Emperor of Northern Wei
- Reign: April 2 – May 17, 528
- Predecessor: Empress Regnant Wutai
- Successor: Emperor Xiaozhuang
- Born: 526
- Died: May 17, 528

Names
- Family name: Yuán (元) Given name: Zhāo (釗)

Era name and dates
- Wǔtài (武泰): 528
- House: Yuan
- Dynasty: Northern Wei

= Yuan Zhao =

Yuan Zhao (元釗) (526 – May 17, 528), also known in historiography as Youzhu of Northern Wei (北魏幼主; literally "the young lord"), was briefly an emperor of the Xianbei-led Chinese Northern Wei dynasty.

==Background==

Yuan Zhao was a son of Yuan Baohui (元寶暉) the Prince of Lintao, who was a grandson of Emperor Xiaowen (via his son Yuan Yu (元愉)) and therefore cousin to Emperor Xiaoming, the reigning emperor at the time of Yuan Zhao's birth in 526.

==Reign==

In 528, Emperor Xiaoming was poisoned to death by his mother Empress Dowager Hu after trying to curb her power and trying to kill her lover Zheng Yan (鄭儼).

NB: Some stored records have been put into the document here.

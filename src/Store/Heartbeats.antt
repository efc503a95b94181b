-- ===== src/Store/Heartbeats.antt =====
-- RecordHeartbeat, GetActiveWorkers and PruneOldHeartbeats (internal/store/postgres.go), and
-- WorkerHeartbeat.IsStale (internal/models/job.go).
use mathlib.Core.Option.{some-injective}
use distributed_task_schedul.Prelude.{
  ℕ, ◌≡◌, ℤ, String, Bool, List, Option, ltb_ℤ, ◌∷◌, none, true, length, if◌then◌else◌, ◌-ℤ◌,
  str_eq, some, arith, ◌+◌, ◌≤ℤ◌, [], not, eq_iff, ◌&&◌, refl, int_laws, ap, false, Option-cases,
  inl, inr, sym, ◌∙◌,
}
use distributed_task_schedul.Store.Tables.{WorkerHeartbeat, Postgres, Tables}
use distributed_task_schedul.Store.Listing.{select}
use distributed_task_schedul.Errors.{Error, Result, wrap, err, ok}
use distributed_task_schedul.Store.Jobs.{refused}

unfoldable pub is_stale : (now threshold : ℤ) → WorkerHeartbeat → Bool
is_stale now threshold hb = ltb_ℤ threshold (now -ℤ hb.last_heartbeat)

-- INSERT … ON CONFLICT (worker_id) DO UPDATE, which keeps started_at.
unfoldable pub upsert : WorkerHeartbeat → List WorkerHeartbeat → List WorkerHeartbeat
upsert hb [] = hb ∷ []
upsert hb (w ∷ ws) =
    let rest = upsert hb ws in
    if str_eq w.worker_id hb.worker_id
    then record hb { started_at = w.started_at } ∷ ws
    else w ∷ rest

unfoldable pub record_heartbeat :
    Postgres → (failure : Option Error) → WorkerHeartbeat → Tables → Tables × Option Error
record_heartbeat d (some e) hb t = (t, some (wrap "record heartbeat" e))
record_heartbeat d none hb t =
    let stored = record hb {
      last_heartbeat = d.timestamp hb.last_heartbeat;
      started_at = d.timestamp hb.started_at;
    } in
    if d.fits 64 hb.worker_id && d.fits 256 hb.hostname
    then (record t { heartbeats = upsert stored t.heartbeats }, none)
    else (t, some (wrap "record heartbeat" refused))

-- WHERE last_heartbeat > $1; `order` is what ORDER BY does.
unfoldable pub get_active_workers :
    Postgres
    → (order : List WorkerHeartbeat → List WorkerHeartbeat) → (failure : Option Error)
    → (now since : ℤ) → Tables
    → Result (List WorkerHeartbeat)
get_active_workers d order (some e) now since t = err (wrap "get active workers" e)
get_active_workers d order none now since t =
    let cutoff = d.timestamp (now -ℤ since) in
    ok (order (select (λ w. ltb_ℤ cutoff w.last_heartbeat) t.heartbeats))

-- DELETE … WHERE last_heartbeat < $1
unfoldable pub prune_old_heartbeats :
    Postgres → (failure : Option Error) → (now max_age : ℤ) → Tables → Tables × Result ℕ
prune_old_heartbeats d (some e) now max_age t = (t, err (wrap "prune heartbeats" e))
prune_old_heartbeats d none now max_age t =
    let cutoff = d.timestamp (now -ℤ max_age) in
    let old = select (λ w. ltb_ℤ w.last_heartbeat cutoff) t.heartbeats in
    let kept = select (λ w. not (ltb_ℤ w.last_heartbeat cutoff)) t.heartbeats in
    (record t { heartbeats = kept }, ok (length old))

-- WHERE worker_id = …
unfoldable pub find_worker : String → List WorkerHeartbeat → Option WorkerHeartbeat
find_worker name [] = none
find_worker name (w ∷ ws) = if str_eq w.worker_id name then some w else find_worker name ws

select_twice {ℓ} :
    {A : Type ℓ} (p q : A → Bool) (xs : List A)
    → ((x : A) → p x ≡ true → q x ≡ true)
    → select p (select q xs) ≡ select p xs
unfolding select
select_twice p q [] h = refl
select_twice p q (x ∷ xs) h = ground (arith, h x, select_twice p q xs h)

length-select_split {ℓ} :
    {A : Type ℓ} (p : A → Bool) (xs : List A)
    → length (select p xs) + length (select (λ x. not (p x)) xs) ≡ length xs
unfolding select
length-select_split p [] = refl
length-select_split p (x ∷ xs) = ground (arith, length-select_split p xs)

-- PruneOldHeartbeats reports how many records it removes, and GetActiveWorkers, asked at the same time for a window no longer than the age of pruning, answers as before.
pub prune-active :
    (d : Postgres) (order : List WorkerHeartbeat → List WorkerHeartbeat) (now since max_age : ℤ)
    (t : Tables)
    → since ≤ℤ max_age
    → let t' = (prune_old_heartbeats d none now max_age t).0 in
      (get_active_workers d order none now since t' ≡ get_active_workers d order none now since t)
      × ((n : ℕ) × ((prune_old_heartbeats d none now max_age t).1 ≡ ok n)
          × (n + length t'.heartbeats ≡ length t.heartbeats))
unfolding prune_old_heartbeats get_active_workers
prune-active d order now since max_age t h =
    let earlier = d.timestamp_mono (now -ℤ max_age) (now -ℤ since) (omega (int_laws, h)) in
    let fresh = λ (w : WorkerHeartbeat). ltb_ℤ (d.timestamp (now -ℤ since)) w.last_heartbeat in
    let old = λ (w : WorkerHeartbeat). ltb_ℤ w.last_heartbeat (d.timestamp (now -ℤ max_age)) in
    (
      ap (λ ws. ok (order ws))
          (select_twice fresh (λ w. not (old w)) t.heartbeats (λ w f. ground (arith, earlier, f))),
      (length (select old t.heartbeats), refl, length-select_split old t.heartbeats),
    )

find_worker-upsert :
    (hb : WorkerHeartbeat) (ws : List WorkerHeartbeat) (name : String)
    → find_worker name (upsert hb ws) ≡ (
        if str_eq hb.worker_id name
        then some (elim (find_worker name ws) [
          | none ↦ hb
          | some w ↦ record hb { started_at = w.started_at }
        ])
        else find_worker name ws)
unfolding find_worker upsert
find_worker-upsert hb [] name = refl
find_worker-upsert hb (w ∷ ws) name = ground (
  arith,
  find_worker-upsert hb ws name,
  eq_iff w.worker_id hb.worker_id,
  eq_iff hb.worker_id name,
  eq_iff w.worker_id name,
)

-- A heartbeat that the server takes: the record of its worker has the new values, with the start time of the worker's record before, if there was one; the records of other workers do not change.
pub record_heartbeat-found :
    (d : Postgres) (hb : WorkerHeartbeat) (t : Tables)
    → d.fits 64 hb.worker_id ≡ true
    → d.fits 256 hb.hostname ≡ true
    → let (t', e) = record_heartbeat d none hb t in
      (e ≡ none)
      × ((w : WorkerHeartbeat) × (find_worker hb.worker_id t'.heartbeats ≡ some w)
          × (w.last_heartbeat ≡ d.timestamp hb.last_heartbeat)
          × (w.active_jobs ≡ hb.active_jobs)
          × (find_worker hb.worker_id t.heartbeats ≡ none
              → w.started_at ≡ d.timestamp hb.started_at)
          × ((old : WorkerHeartbeat)
              → find_worker hb.worker_id t.heartbeats ≡ some old
              → w.started_at ≡ old.started_at))
      × ((name : String)
          → str_eq hb.worker_id name ≡ false
          → find_worker name t'.heartbeats ≡ find_worker name t.heartbeats)
unfolding record_heartbeat
record_heartbeat-found d hb t f g =
    let stored = record hb {
      last_heartbeat = d.timestamp hb.last_heartbeat;
      started_at = d.timestamp hb.started_at;
    } in
    let same = (eq_iff hb.worker_id hb.worker_id).1 refl in
    let found = find_worker-upsert stored t.heartbeats in
    rw (f, g)
      (
        refl,
        elim (Option-cases (find_worker hb.worker_id t.heartbeats)) [
          | inl n ↦ (
            stored,
            rw (found hb.worker_id, same, n) refl,
            refl,
            refl,
            λ h. refl,
            λ old h. cc (n, h),
          )
          | inr (o, n) ↦ (
            record stored { started_at = o.started_at },
            rw (found hb.worker_id, same, n) refl,
            refl,
            refl,
            λ h. cc (n, h),
            λ old h. ap (λ x. x.started_at) (some-injective o old (sym n ∙ h)),
          )
        ],
        λ name ne. rw (found name, ne) refl,
      )
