-- ===== src/Store/Soundness.antt =====
-- What holds of the tables in every state that the store's operations reach
-- (internal/store/postgres.go): ids are unique, statuses are those of the enum, and the history only
-- speaks of stored jobs.
use distributed_task_schedul.Prelude.{
  List, ◌∷◌, ◌≡◌, ℕ, none, some, [], Bool-cases, ◌++◌, true, ◌==◌, arith, inl, refl, inr, ==_iff,
}
use distributed_task_schedul.Store.Tables.{Tables, find_row, Row, Entry, is_known}
use distributed_task_schedul.Store.Jobs.{update_rows, delete_rows, delete_history}
use distributed_task_schedul.Store.Rows.{find_row-append, find_row-update, find_row-delete}

-- The rows have different ids, and statuses of the enum.
abbrev pub RowsSound : List Row → Type 0
RowsSound [] = Unit
RowsSound (row ∷ rows) =
    (find_row row.id rows ≡ none) × (is_known row.status ≡ true) × RowsSound rows

-- An entry is about a stored job, and its statuses are those of the enum.
abbrev pub EntrySound : List Row → Entry → Type 0
EntrySound rows e =
    ((row : Row) × (find_row e.job_id rows ≡ some row))
    × (is_known e.old_status ≡ true)
    × (is_known e.new_status ≡ true)

abbrev pub HistorySound : List Row → List Entry → Type 0
HistorySound rows [] = Unit
HistorySound rows (e ∷ es) = EntrySound rows e × HistorySound rows es

pub record IsSound (t : Tables) : Type 0 where
  pub rows_sound : RowsSound t.jobs
  pub history_sound : HistorySound t.jobs t.history

pub RowsSound-append :
    (row : Row) (rows : List Row)
    → find_row row.id rows ≡ none
    → is_known row.status ≡ true
    → RowsSound rows
    → RowsSound (rows ++ (row ∷ []))
unfolding find_row
RowsSound-append row [] n k s = (refl, k, tt)
RowsSound-append row (r ∷ rs) n k (a, b, s) =
    (ground (arith, find_row-append row rs r.id), b, RowsSound-append row rs (ground arith) k s)

pub RowsSound-update :
    (f : Row → Row) (i : ℕ) (rows : List Row)
    → ((r : Row) → (f r).id ≡ r.id)
    → ((r : Row) → is_known (f r).status ≡ true)
    → RowsSound rows
    → RowsSound (update_rows f i rows)
unfolding update_rows
RowsSound-update f i [] same known s = tt
RowsSound-update f i (r ∷ rs) same known (a, b, s) = elim (Bool-cases (r.id == i)) [
  | inl e ↦ rw e (
    rw (same r, find_row-update f i rs r.id same, a) (ground arith),
    known r,
    RowsSound-update f i rs same known s,
  )
  | inr e ↦ rw e (
    rw (find_row-update f i rs r.id same, a) (ground arith),
    b,
    RowsSound-update f i rs same known s,
  )
]

pub RowsSound-delete : (i : ℕ) (rows : List Row) → RowsSound rows → RowsSound (delete_rows i rows)
unfolding delete_rows
RowsSound-delete i [] s = tt
RowsSound-delete i (r ∷ rs) (a, b, s) = elim (Bool-cases (r.id == i)) [
  | inl e ↦ rw e (RowsSound-delete i rs s)
  | inr e ↦ rw e (rw (find_row-delete i rs r.id, a) (ground arith), b, RowsSound-delete i rs s)
]

pub RowsSound-known :
    (i : ℕ) (rows : List Row) (row : Row)
    → RowsSound rows
    → find_row i rows ≡ some row
    → is_known row.status ≡ true
unfolding find_row
RowsSound-known i [] row s h = cc
RowsSound-known i (r ∷ rs) row (a, b, s) h = ground (arith, RowsSound-known i rs row s)

-- Every job that is found before is found after.
abbrev pub Keeps : List Row → List Row → Type 0
Keeps rows rows' =
    (k : ℕ) (row : Row) → find_row k rows ≡ some row → (row' : Row) × (find_row k rows' ≡ some row')

pub HistorySound-Keeps :
    (rows rows' : List Row) (es : List Entry)
    → Keeps rows rows'
    → HistorySound rows es
    → HistorySound rows' es
HistorySound-Keeps rows rows' [] keeps h = tt
HistorySound-Keeps rows rows' (e ∷ es) keeps ((found, a, b), h) =
    ((keeps e.job_id found.0 found.1, a, b), HistorySound-Keeps rows rows' es keeps h)

pub HistorySound-append :
    (rows : List Row) (es fs : List Entry)
    → HistorySound rows es
    → HistorySound rows fs
    → HistorySound rows (es ++ fs)
HistorySound-append rows [] fs h g = g
HistorySound-append rows (e ∷ es) fs (a, h) g = (a, HistorySound-append rows es fs h g)

pub HistorySound-delete :
    (i : ℕ) (rows : List Row) (es : List Entry)
    → HistorySound rows es
    → HistorySound (delete_rows i rows) (delete_history i es)
unfolding delete_history
HistorySound-delete i rows [] h = tt
HistorySound-delete i rows (e ∷ es) ((found, a, b), h) = elim (Bool-cases (e.job_id == i)) [
  | inl eq ↦ rw eq (HistorySound-delete i rows es h)
  | inr ne ↦ rw ne (
    ((found.0, ground (arith, find_row-delete i rows e.job_id, found.1)), a, b),
    HistorySound-delete i rows es h,
  )
]

pub Keeps-append :
    (row : Row) (rows : List Row) → find_row row.id rows ≡ none → Keeps rows (rows ++ (row ∷ []))
Keeps-append row rows n k found h =
    (found, ground (arith, find_row-append row rows k n, n, h, ==_iff row.id k))

pub Keeps-update :
    (f : Row → Row) (i : ℕ) (rows : List Row)
    → ((r : Row) → (f r).id ≡ r.id)
    → Keeps rows (update_rows f i rows)
Keeps-update f i rows same k found h = elim (Bool-cases (i == k)) [
  | inl e ↦ (f found, rw (find_row-update f i rows k same, e, h) refl)
  | inr e ↦ (found, rw (find_row-update f i rows k same, e) h)
]
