-- ===== src/Store/Reachable.antt =====
-- The states that the writing operations of the store reach (internal/store/postgres.go).
use distributed_task_schedul.Prelude.{
  Option, List, ◌∷◌, ℤ, ℕ, ◌≡◌, some, true, Option-cases, Bool-cases, [], ◌++◌, inl, ◌&&◌, inr,
  none, arith, refl, subst, sym, All, ◌+◌,
}
use distributed_task_schedul.Store.Tables.{
  Postgres, Tables, columns_valid, Row, WorkerHeartbeat, find_row, is_known,
}
use distributed_task_schedul.Errors.{Error, ok}
use distributed_task_schedul.Store.Jobs.{
  accepts, create_job, log_change, updated_row, delete_job, update_job_status, UpdateOpt,
  UpdateOpts, update_rows, row_of, options_of,
}
use distributed_task_schedul.Store.Heartbeats.{record_heartbeat, prune_old_heartbeats}
use distributed_task_schedul.Models.Job.{Job}
use distributed_task_schedul.Store.Soundness.{
  IsSound, HistorySound, Keeps-update, RowsSound-append, RowsSound-delete, RowsSound-update,
  HistorySound-delete, HistorySound-Keeps, HistorySound-append, Keeps-append, RowsSound-known,
  RowsSound,
}
use distributed_task_schedul.Models.Status.{JobStatus, status_eq}
use distributed_task_schedul.Store.Lookup.{create_job-cases, accepts-absent, update_job_status-done}
use distributed_task_schedul.Store.Trail.{update_job_status-cases}
use distributed_task_schedul.Store.Rows.{find_row-id}
use distributed_task_schedul.Store.Listing.{QueueStats, get_queue_stats, get_queue_stats-total}

-- A call of the store that writes.
pub data Write : Type 0 where
  creates : (failure : Option Error) → Job → Write
  updates : (failure : Option Error) → (now : ℤ) → ℕ → JobStatus → List UpdateOpt → Write
  deletes : (failure : Option Error) → ℕ → Write
  beats : (failure : Option Error) → WorkerHeartbeat → Write
  prunes : (failure : Option Error) → (now max_age : ℤ) → Write

module _ (d : Postgres) where
  unfoldable pub store_call : Tables → Write → Tables
  store_call t (creates failure j) = (create_job d failure j t).0
  store_call t (updates failure now i status opts) =
      (update_job_status d failure now i status opts t).0
  store_call t (deletes failure i) = (delete_job failure i t).0
  store_call t (beats failure hb) = (record_heartbeat d failure hb t).0
  store_call t (prunes failure now max_age) = (prune_old_heartbeats d failure now max_age t).0

  unfoldable pub store_calls : Tables → List Write → Tables
  store_calls t [] = t
  store_calls t (w ∷ ws) = store_calls (store_call t w) ws

  inserted-IsSound :
      (row : Row) (t : Tables)
      → accepts d row t ≡ true
      → IsSound t
      → IsSound (record t { jobs = t.jobs ++ (row ∷ []) })
  unfolding accepts columns_valid
  inserted-IsSound row t a s =
      let absent = accepts-absent d row t a in
      record {
        rows_sound = RowsSound-append row t.jobs absent (ground (arith, a)) s.rows_sound;
        history_sound =
            HistorySound-Keeps t.jobs (t.jobs ++ (row ∷ [])) t.history
              (Keeps-append row t.jobs absent) s.history_sound;
      }

  create_job-IsSound :
      (failure : Option Error) (j : Job) (t : Tables)
      → IsSound t
      → IsSound (create_job d failure j t).0
  unfolding create_job
  create_job-IsSound (some e) j t s = s
  create_job-IsSound none j t s = elim (create_job-cases d j t) [
    | inl e ↦ rw e s
    | inr (payload, _, a, e) ↦ rw e (inserted-IsSound (row_of d j payload) t a s)
  ]

  log_change_sound :
      (rows : List Row) (now : ℤ) (old new stored : Row)
      → find_row new.id rows ≡ some stored
      → is_known old.status ≡ true
      → is_known new.status ≡ true
      → HistorySound rows (log_change now old new)
  unfolding log_change
  log_change_sound rows now old new stored h a b =
      elim (Bool-cases (status_eq old.status new.status)) [
        | inl e ↦ rw e tt
        | inr e ↦ rw e (((stored, h), a, b), tt)
      ]

  updated-IsSound :
      (now : ℤ) (i : ℕ) (status : JobStatus) (o : UpdateOpts) (t : Tables) (row : Row)
      → find_row i t.jobs ≡ some row
      → is_known status ≡ true
      → IsSound t
      → let change = updated_row d status o now in
        IsSound (record t {
          jobs = update_rows change i t.jobs;
          history = t.history ++ log_change now row (change row);
        })
  unfolding updated_row
  updated-IsSound now i status o t row h k s =
      let change = updated_row d status o now in
      let rows' = update_rows change i t.jobs in
      let keeps = Keeps-update change i t.jobs (λ x. refl) in
      let own = find_row-id i t.jobs row h in
      let (stored, found) =
        keeps row.id row (subst (λ k. find_row k t.jobs ≡ some row) (sym own) h) in
      record {
        rows_sound = RowsSound-update change i t.jobs (λ x. refl) (λ x. k) s.rows_sound;
        history_sound =
            HistorySound-append rows' t.history (log_change now row (change row))
              (HistorySound-Keeps t.jobs rows' t.history keeps s.history_sound)
              (log_change_sound rows' now row (change row) stored found
                (RowsSound-known i t.jobs row s.rows_sound h) k);
      }

  update_job_status-IsSound :
      (failure : Option Error) (now : ℤ) (i : ℕ) (status : JobStatus) (opts : List UpdateOpt)
      (t : Tables)
      → IsSound t
      → IsSound (update_job_status d failure now i status opts t).0
  update_job_status-IsSound failure now i status opts t s =
      elim (update_job_status-cases d failure now i status opts t) [
        | inl e ↦ rw e s
        | inr (row, h, k, sent, w) ↦
            rw (sent, update_job_status-done d now i status opts t row h k w)
              (updated-IsSound now i status (options_of opts) t row h k s)
      ]

  delete_job-IsSound :
      (failure : Option Error) (i : ℕ) (t : Tables) → IsSound t → IsSound (delete_job failure i t).0
  unfolding delete_job
  delete_job-IsSound (some e) i t s = s
  delete_job-IsSound none i t s = elim (Option-cases (find_row i t.jobs)) [
    | inl e ↦ rw (delete_job, e) s
    | inr (row, e) ↦
        rw (delete_job, e)
          record {
            rows_sound = RowsSound-delete i t.jobs s.rows_sound;
            history_sound = HistorySound-delete i t.jobs t.history s.history_sound;
          }
  ]

  -- The heartbeats are a table of their own.
  heartbeats-IsSound :
      (t : Tables) (ws : List WorkerHeartbeat) → IsSound t → IsSound (record t { heartbeats = ws })
  heartbeats-IsSound t ws s = record { rows_sound = s.rows_sound; history_sound = s.history_sound }

  record_heartbeat-IsSound :
      (failure : Option Error) (hb : WorkerHeartbeat) (t : Tables)
      → IsSound t
      → IsSound (record_heartbeat d failure hb t).0
  unfolding record_heartbeat
  record_heartbeat-IsSound (some e) hb t s = s
  record_heartbeat-IsSound none hb t s =
      elim (Bool-cases (d.fits 64 hb.worker_id && d.fits 256 hb.hostname)) [
        | inl e ↦ rw (record_heartbeat, e) (heartbeats-IsSound t _ s)
        | inr e ↦ rw (record_heartbeat, e) s
      ]

  prune_old_heartbeats-IsSound :
      (failure : Option Error) (now max_age : ℤ) (t : Tables)
      → IsSound t
      → IsSound (prune_old_heartbeats d failure now max_age t).0
  unfolding prune_old_heartbeats
  prune_old_heartbeats-IsSound (some e) now max_age t s = s
  prune_old_heartbeats-IsSound none now max_age t s = heartbeats-IsSound t _ s

  store_call-IsSound : (w : Write) (t : Tables) → IsSound t → IsSound (store_call t w)
  unfolding store_call
  store_call-IsSound (creates failure j) t s = create_job-IsSound failure j t s
  store_call-IsSound (updates failure now i status opts) t s =
      update_job_status-IsSound failure now i status opts t s
  store_call-IsSound (deletes failure i) t s = delete_job-IsSound failure i t s
  store_call-IsSound (beats failure hb) t s = record_heartbeat-IsSound failure hb t s
  store_call-IsSound (prunes failure now max_age) t s =
      prune_old_heartbeats-IsSound failure now max_age t s

  calls-IsSound : (ws : List Write) (t : Tables) → IsSound t → IsSound (store_calls t ws)
  unfolding store_calls
  calls-IsSound [] t s = s
  calls-IsSound (w ∷ ws) t s = calls-IsSound ws (store_call t w) (store_call-IsSound w t s)

  RowsSound-All : (rows : List Row) → RowsSound rows → All (λ row. is_known row.status ≡ true) rows
  RowsSound-All [] s = tt
  RowsSound-All (row ∷ rows) (a, b, s) = (b, RowsSound-All rows s)

  -- Whatever is written, failed calls included, the tables stay sound: ids are unique, statuses are those of the enum, the history only speaks of stored jobs; and the six counts of GetQueueStats add up to its total.
  pub store_calls-IsSound :
      (average : List ℤ → Option ℤ) (ws : List Write) (t : Tables)
      → IsSound t
      → IsSound (store_calls t ws)
        × ((stats : QueueStats)
            → get_queue_stats average none (store_calls t ws) ≡ ok stats
            → stats.pending_count + stats.running_count + stats.completed_count + stats.failed_count
                + stats.dead_letter_count + stats.cancelled_count
              ≡ stats.total)
  store_calls-IsSound average ws t s =
      let sound = calls-IsSound ws t s in
      let t' = store_calls t ws in
      (
        sound,
        λ stats. get_queue_stats-total average t' stats (RowsSound-All t'.jobs sound.rows_sound),
      )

Emperor Xiaoming was sonless, and while Empress Dowager Hu initially tried to pretend that Emperor Xiaoming's daughter, by his concubine Consort Pan, was actually a son, she soon realized that she could not carry on the deception, and she named Yuan Zhao emperor—selecting him due to his young age so that she could control him.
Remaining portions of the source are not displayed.